Assignment: Whenever "Result" appears in a line, please copy that line from the data.

Working data:

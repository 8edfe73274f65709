-- ===== src/Booking/Handlers/Seats.antt =====
-- Seats that a change of one booking gives back or takes, on every trip.
use tissi_mah.Prelude.{
  ℤ, pos, pos_part, neg_part, ◌+ℤ◌, ◌-ℤ◌, +ℤ_parts, -ℤ_parts, eq_of_parts, String, str_eq,
  str_eq_sym, Bool, true, false, ◌&&◌, some, List, ◌≡◌, refl, ap, ◌∙◌, Bool-cases, inl, inr, arith,
  if◌then◌else◌,
}
use tissi_mah.Booking.Domain.{Booking}
use tissi_mah.Booking.Store.{find_row, update_row}
use tissi_mah.Booking.Seats.{Counters, covers, is_active, segment_occupancy}
use tissi_mah.Booking.Seats.Reservation.{Updated}
use tissi_mah.Booking.Seats.Balance.{
  Balanced, share, occupancy-update_row, share_inactive, given_back, left_alone,
}

-- the leg `k` of the trip is one of the booking's
abbrev on_way : String → ℤ → Booking → Bool
on_way trip k b =
    str_eq trip b.trip_id && covers b.pickup_sequencer_order b.dropoff_sequencer_order k

share_active :
    (trip : String) (k : ℤ) (b : Booking)
    → is_active b.status ≡ true
    → share trip k b ≡ (if on_way trip k b then b.seats_booked else pos 0)
share_active trip k b active =
    rw (active, str_eq_sym b.trip_id trip)
      (by_case (str_eq trip b.trip_id)
        (covers b.pickup_sequencer_order b.dropoff_sequencer_order k))
  where
    by_case :
        (p q : Bool)
        → (if p && q && true then b.seats_booked else pos 0)
          ≡ (if p && q then b.seats_booked else pos 0)
    by_case true true = refl
    by_case true false = refl
    by_case false q = refl

taken_away : (total n occ occ' : ℤ) → occ' +ℤ pos 0 ≡ occ +ℤ n → (total -ℤ occ) -ℤ n ≡ total -ℤ occ'
taken_away total n occ occ' h = eq_of_parts ((total -ℤ occ) -ℤ n) (total -ℤ occ') ground (
  arith,
  ap pos_part h,
  ap neg_part h,
  +ℤ_parts occ' (pos 0),
  +ℤ_parts occ n,
  -ℤ_parts total occ,
  -ℤ_parts total occ',
  -ℤ_parts (total -ℤ occ) n,
)

module _ (trip : String) (total last : ℤ) (rows : List Booking) (id : String) (b : Booking)
    (f : Booking → Booking) (here : find_row id rows ≡ some b) (before after : Counters)
    (balanced : Balanced trip total last before rows) where
  -- An active booking ends, and its seats are added to its legs.
  pub ended-Balanced :
      is_active b.status ≡ true
      → is_active (f b).status ≡ false
      → Updated b.trip_id b.pickup_sequencer_order b.dropoff_sequencer_order
          (λ s. s +ℤ b.seats_booked)
          before
          after
      → Balanced trip total last after (update_row id f rows)
  ended-Balanced active ends update k i =
      let x = occupancy-update_row trip k id f rows b here in
      elim (Bool-cases (on_way trip k b)) [
        | inl inside ↦
            rw (update trip k, inside, balanced k i)
              (ap some (
                given_back total b.seats_booked (segment_occupancy trip k rows)
                  (segment_occupancy trip k (update_row id f rows))
                  (rw (share_active trip k b active, inside, share_inactive trip k (f b) ends) at
                    x)))
        | inr outside ↦
            rw (update trip k, outside, balanced k i)
              (ap some (
                left_alone total (segment_occupancy trip k rows)
                  (segment_occupancy trip k (update_row id f rows))
                  (rw (share_active trip k b active, outside, share_inactive trip k (f b) ends) at
                    x)))
      ]

  -- A booking becomes active, and its seats are taken from its legs.
  pub revived-Balanced :
      is_active b.status ≡ false
      → is_active (f b).status ≡ true
      → ((k : ℤ) → on_way trip k (f b) ≡ on_way trip k b)
      → (f b).seats_booked ≡ b.seats_booked
      → Updated b.trip_id b.pickup_sequencer_order b.dropoff_sequencer_order
          (λ s. s -ℤ b.seats_booked)
          before
          after
      → Balanced trip total last after (update_row id f rows)
  revived-Balanced idle revives way seats update k i =
      let x = occupancy-update_row trip k id f rows b here in
      let after_share = share_active trip k (f b) revives in
      elim (Bool-cases (on_way trip k b)) [
        | inl inside ↦
            rw (update trip k, inside, balanced k i)
              (ap some (
                taken_away total b.seats_booked (segment_occupancy trip k rows)
                  (segment_occupancy trip k (update_row id f rows))
                  (rw (share_inactive trip k b idle, after_share, way k, inside, seats) at x)))
        | inr outside ↦
            rw (update trip k, outside, balanced k i)
              (ap some (
                left_alone total (segment_occupancy trip k rows)
                  (segment_occupancy trip k (update_row id f rows))
                  (rw (share_inactive trip k b idle, after_share, way k, outside) at x)))
      ]

  -- The booking stays active on the same seats, or inactive.
  pub kept-Balanced :
      ((k : ℤ) → share trip k (f b) ≡ share trip k b)
      → Balanced trip total last before (update_row id f rows)
  kept-Balanced same k i =
      let x = occupancy-update_row trip k id f rows b here in
      balanced k i
      ∙ ap some (
          still total (segment_occupancy trip k rows)
            (segment_occupancy trip k (update_row id f rows)) (share trip k b) (rw (same k) at x))
    where
      still : (total occ occ' s : ℤ) → occ' +ℤ s ≡ occ +ℤ s → total -ℤ occ ≡ total -ℤ occ'
      still total occ occ' s h = eq_of_parts (total -ℤ occ) (total -ℤ occ') ground (
        arith,
        ap pos_part h,
        ap neg_part h,
        +ℤ_parts occ' s,
        +ℤ_parts occ s,
        -ℤ_parts total occ,
        -ℤ_parts total occ',
      )
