-- ===== src/Booking/Handlers/Balance.antt =====
-- The handlers keep the counters of the seats in agreement with the bookings.
use mathlib.Core.Path.{subst}
use tissi_mah.Prelude.{
  ℤ, pos, ◌+ℤ◌, String, str_eq, Bool, true, false, not, ◌&&◌, ◌||◌, Option, none, some, List, [],
  ◌≡◌, refl, sym, ap, if_rule, arith,
}
use tissi_mah.Prelude.Result.{Result, ok, err}
use tissi_mah.Booking.Domain.{Booking, Error}
use tissi_mah.Booking.Store.{
  Tables, Db, Change, find_row, touch, update_row, change_booking, next_call,
}
use tissi_mah.Booking.Store.Transaction.{
  Outcome, effect, effect_of, changed, change_booking-Outcome,
}
use tissi_mah.Booking.Seats.{
  Redis, CacheError, legs, is_active, restore_segment_seats, covers, has_passed,
}
use tissi_mah.Booking.Seats.Reservation.{restore-Updated, each_leg_runs}
use tissi_mah.Booking.Seats.Balance.{Balanced}
use tissi_mah.Booking.Creation.{World}
use tissi_mah.Booking.Repository.Approval.{decide_approve, decide_reject, decide_cancel}
use tissi_mah.Booking.Repository.Approval
use tissi_mah.Booking.Repository.NoShow
use tissi_mah.Booking.Repository.NoShow.{decide_report_no_show}
use tissi_mah.Booking.Repository.Payment
use tissi_mah.Booking.Repository.Payment.{decide_fail_payment, decide_confirm_payment}
use tissi_mah.Booking.Handlers.{
  found, get_by_id, Reply, with_booking, given, released, release_after, change_and_release,
  reject_booking, can_report_no_show, check_no_show_reportable, if_reportable, reported,
  report_no_show, fail_after, fail_payment,
}
use tissi_mah.Booking.Handlers.Seats.{ended-Balanced}

-- No command of the cache fails, and no counter of the legs of a trip expires before the time `until`.
abbrev pub IsCalm : String → ℤ → ℤ → Redis → Type 0
IsCalm trip last until r =
    (r.faults ≡ [])
    × ((k : ℤ) → covers (pos 1) last k ≡ true → has_passed until (r.deadlines trip k) ≡ false)

-- The counters of a cache, whose commands do not fail, agree with the bookings on a trip, and none of them
-- expires before the time `until`.
abbrev pub Agrees : String → ℤ → ℤ → ℤ → List Booking → Option Redis → Type 0
Agrees trip total last until rows none = Unit
Agrees trip total last until rows (some r) =
    IsCalm trip last until r × Balanced trip total last r.counters rows

abbrev pub InStep : String → ℤ → ℤ → ℤ → World → Type 0
InStep trip total last until w = Agrees trip total last until w.db.tables.bookings w.cache

-- a decision that ends an active booking
abbrev pub Ends : (Booking → Result Error Change) → Type 0
Ends decide =
    (b : Booking) (c : Change)
    → decide b ≡ ok c
    → (is_active b.status ≡ true) × (is_active (c.set b).status ≡ false)

reject-Ends : (now : ℤ) (id driver reason : String) → Ends (decide_reject now id driver reason)
unfolding decide_reject
reject-Ends now id driver reason b c e = ground arith

pub cancel-Ends : (now : ℤ) (id user reason : String) → Ends (decide_cancel now id user reason)
unfolding decide_cancel
cancel-Ends now id user reason b c e = ground arith

report_no_show-Ends :
    (now : ℤ) (id reporter kind description : String)
    → Ends (decide_report_no_show now id reporter kind description)
unfolding decide_report_no_show
report_no_show-Ends now id reporter kind description b c e = ground arith

fail_payment-Ends : (id reason : String) → Ends (decide_fail_payment id reason)
unfolding decide_fail_payment
fail_payment-Ends id reason b c e = ground arith

-- the change that a successful method has made
pub made :
    (now : ℤ) (id : String) (t t' : Tables) (d : Result Error Change)
    → effect_of now id t d ≡ ok t'
    → (c : Change) × (d ≡ ok c) × (t' ≡ changed now id c t)
made now id t t' (ok c) e = (c, refl, cc)
made now id t t' (err x) e = cc

pub as_calm : (r : Redis) → r.faults ≡ [] → r ≡ record r { faults = [] }
as_calm r e = ap (λ (fs : List Bool). with_faults fs) e
  where
    with_faults : List Bool → Redis
    with_faults fs = record r { faults = fs }

abbrev pub after : Booking → Redis → Redis
after b r =
    (restore_segment_seats b.trip_id b.pickup_sequencer_order b.dropoff_sequencer_order
      b.seats_booked (record r { faults = [] })).1

pub restore-IsCalm :
    (trip : String) (last until : ℤ) (b : Booking) (r : Redis)
    → IsCalm trip last until r
    → IsCalm trip last until (after b r)
unfolding restore_segment_seats
restore-IsCalm trip last until b r h =
    subst (λ (x : Result CacheError (Unit {0}) × Redis). IsCalm trip last until x.1)
      (sym (
        each_leg_runs b.trip_id (λ s. s +ℤ b.seats_booked)
          (legs b.pickup_sequencer_order b.dropoff_sequencer_order) r r.counters))
      (refl, h.1)

module _ (trip : String) (total last until : ℤ) where
  release-Agrees :
      (b : Booking) (rows : List Booking) (id : String) (f : Booking → Booking)
      (cache : Option Redis)
      → find_row id rows ≡ some b
      → is_active b.status ≡ true
      → is_active (f b).status ≡ false
      → Agrees trip total last until rows cache
      → Agrees trip total last until (update_row id f rows) (released b cache)
  release-Agrees b rows id f none here active ends h = tt
  release-Agrees b rows id f (some r) here active ends h =
      subst
        (λ (r' : Redis). Agrees trip total last until (update_row id f rows) (released b (some r')))
        (sym (as_calm r h.0.0))
        (
          restore-IsCalm trip last until b r h.0,
          ended-Balanced trip total last rows id b f here r.counters (after b r).counters h.1 active
              ends
              (restore-Updated b.trip_id b.pickup_sequencer_order b.dropoff_sequencer_order
                b.seats_booked r r.counters),
        )

  module _ (now : ℤ) (id : String) (decide : Booking → Result Error Change)
      (ends : Ends decide) where
    released-InStep :
        (b : Booking) (w : World) (reply : Result Error (Unit {0}) × Db)
        → find_row id w.db.tables.bookings ≡ some b
        → Outcome w.db.tables (λ _ t. effect now id decide w.db.tables ≡ ok t) reply
        → InStep trip total last until w
        → InStep trip total last until (release_after b w reply).1
    released-InStep b w (err e, db) here same h =
        subst (λ (t : Tables). Agrees trip total last until t.bookings w.cache) (sym same) h
    released-InStep b w (ok _, db) here done h =
        let m = made now id w.db.tables db.tables (decide b) (rw here at done) in
        let e = ends b m.0 m.1 in
        subst (λ (t : Tables). Agrees trip total last until t.bookings (released b w.cache))
          (sym m.2)
          (release-Agrees b w.db.tables.bookings id (touch now (m.0).set) w.cache here e.0 e.1 h)

    pub change_and_release-InStep :
        (b : Booking) (w : World)
        → find_row id w.db.tables.bookings ≡ some b
        → InStep trip total last until w
        → InStep trip total last until (change_and_release (change_booking now id decide) b w).1
    change_and_release-InStep b w here h =
        released-InStep b w (change_booking now id decide w.db) here
          (change_booking-Outcome now id decide w.db) h

  -- a handler of a booking that was read
  pub read-InStep :
      {A : Type 0} (w : World) (next : Booking → World → Reply A) (id : String)
      → ((b : Booking) (w' : World)
          → find_row id w'.db.tables.bookings ≡ some b
          → InStep trip total last until w'
          → InStep trip total last until (next b w').1)
      → InStep trip total last until w
      → InStep trip total last until (with_booking w next (get_by_id id w.db)).1
  read-InStep {A} w next id step h =
      if_rule
        (λ (r : Result Error Booking × Db). InStep trip total last until (with_booking w next r).1)
        (next_call w.db.faults).0 h (found_step (find_row id w.db.tables.bookings) refl)
    where
      found_step :
          (o : Option Booking)
          → find_row id w.db.tables.bookings ≡ o
          → InStep trip total last until
              (with_booking w next
                (found (record (w.db) { faults = (next_call w.db.faults).1 }) o)).1
      found_step none e = h
      found_step (some b) e =
          step b (record w { db = record (w.db) { faults = (next_call w.db.faults).1 } }) e h

  pub given-InStep :
      {A : Type 0} (missing : Bool) (w : World) (next : Reply A)
      → InStep trip total last until w
      → InStep trip total last until next.1
      → InStep trip total last until (given missing w next).1
  given-InStep {A} missing w next h n =
      if_rule (λ (r : Reply A). InStep trip total last until r.1) missing h n

  -- RejectBooking keeps the counters in agreement, whether it succeeds or not.
  pub reject_booking-InStep :
      (now : ℤ) (driver id reason : String) (w : World)
      → InStep trip total last until w
      → InStep trip total last until (reject_booking now driver id reason w).1
  unfolding reject_booking Approval.reject
  reject_booking-InStep now driver id reason w h =
      given-InStep (str_eq driver "" || str_eq id "") w _ h (
        read-InStep w (change_and_release (Approval.reject now id driver reason)) id
          (change_and_release-InStep now id (decide_reject now id driver reason)
            (reject-Ends now id driver reason))
          h)

  -- FailPayment does so.
  pub fail_payment-InStep :
      (now : ℤ) (id reason : String) (w : World)
      → InStep trip total last until w
      → InStep trip total last until (fail_payment now id reason w).1
  unfolding fail_payment Payment.fail_payment
  fail_payment-InStep now id reason w h = given-InStep (str_eq id "") w _ h (
      read-InStep w (λ b w'. fail_after b w' (Payment.fail_payment now id reason w'.db)) id
        (λ b w' here h'. fail_after-InStep b w' (Payment.fail_payment now id reason w'.db) (
          change_and_release-InStep now id (decide_fail_payment id reason)
            (fail_payment-Ends id reason) b w' here h'))
        h)
    where
      fail_after-InStep :
          (b : Booking) (w : World) (reply : Result Error (Unit {0}) × Db)
          → InStep trip total last until (release_after b w reply).1
          → InStep trip total last until (fail_after b w reply).1
      fail_after-InStep b w (err e, db) k = k
      fail_after-InStep b w (ok _, db) k = k

  -- ReportNoShow does so, whatever trips-service says of the pickup.
  pub report_no_show-InStep :
      (pickup_of : Booking → Option ℤ) (now : ℤ) (id reporter kind description : String) (w : World)
      → InStep trip total last until w
      → InStep trip total last until (report_no_show pickup_of now id reporter kind description w).1
  unfolding report_no_show NoShow.report_no_show
  report_no_show-InStep pickup_of now id reporter kind description w h =
      given-InStep (str_eq id "" || str_eq reporter "" || str_eq kind "") w _ h (
        given-InStep (not (str_eq kind "driver") && not (str_eq kind "passenger")) w _ h (
          read-InStep w (reported pickup_of now id reporter kind description) id
            (λ b w' here h'.
              if_rule (λ (r : Reply (Unit {0})). InStep trip total last until r.1)
                (can_report_no_show b reporter kind)
                (reportable w'
                  (change_and_release (NoShow.report_no_show now id reporter kind description) b w')
                  (check_no_show_reportable now (pickup_of b)) h'
                  (change_and_release-InStep now id
                    (decide_report_no_show now id reporter kind description)
                    (report_no_show-Ends now id reporter kind description) b w' here h'))
                h')
            h))
    where
      reportable :
          (w : World) (next : Reply (Unit {0})) (check : Result Error (Unit {0}))
          → InStep trip total last until w
          → InStep trip total last until next.1
          → InStep trip total last until (if_reportable w next check).1
      reportable w next (err e) k n = k
      reportable w next (ok _) k n = n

Task answer:
use tissi_mah.Prelude.Result.{Result, ok, err}
abbrev pub Ends : (Booking → Result Error Change) → Type 0
    (now : ℤ) (id : String) (t t' : Tables) (d : Result Error Change)
    subst (λ (x : Result CacheError (Unit {0}) × Redis). IsCalm trip last until x.1)
  module _ (now : ℤ) (id : String) (decide : Booking → Result Error Change)
        (b : Booking) (w : World) (reply : Result Error (Unit {0}) × Db)
        (λ (r : Result Error Booking × Db). InStep trip total last until (with_booking w next r).1)
          (b : Booking) (w : World) (reply : Result Error (Unit {0}) × Db)
          (w : World) (next : Reply (Unit {0})) (check : Result Error (Unit {0}))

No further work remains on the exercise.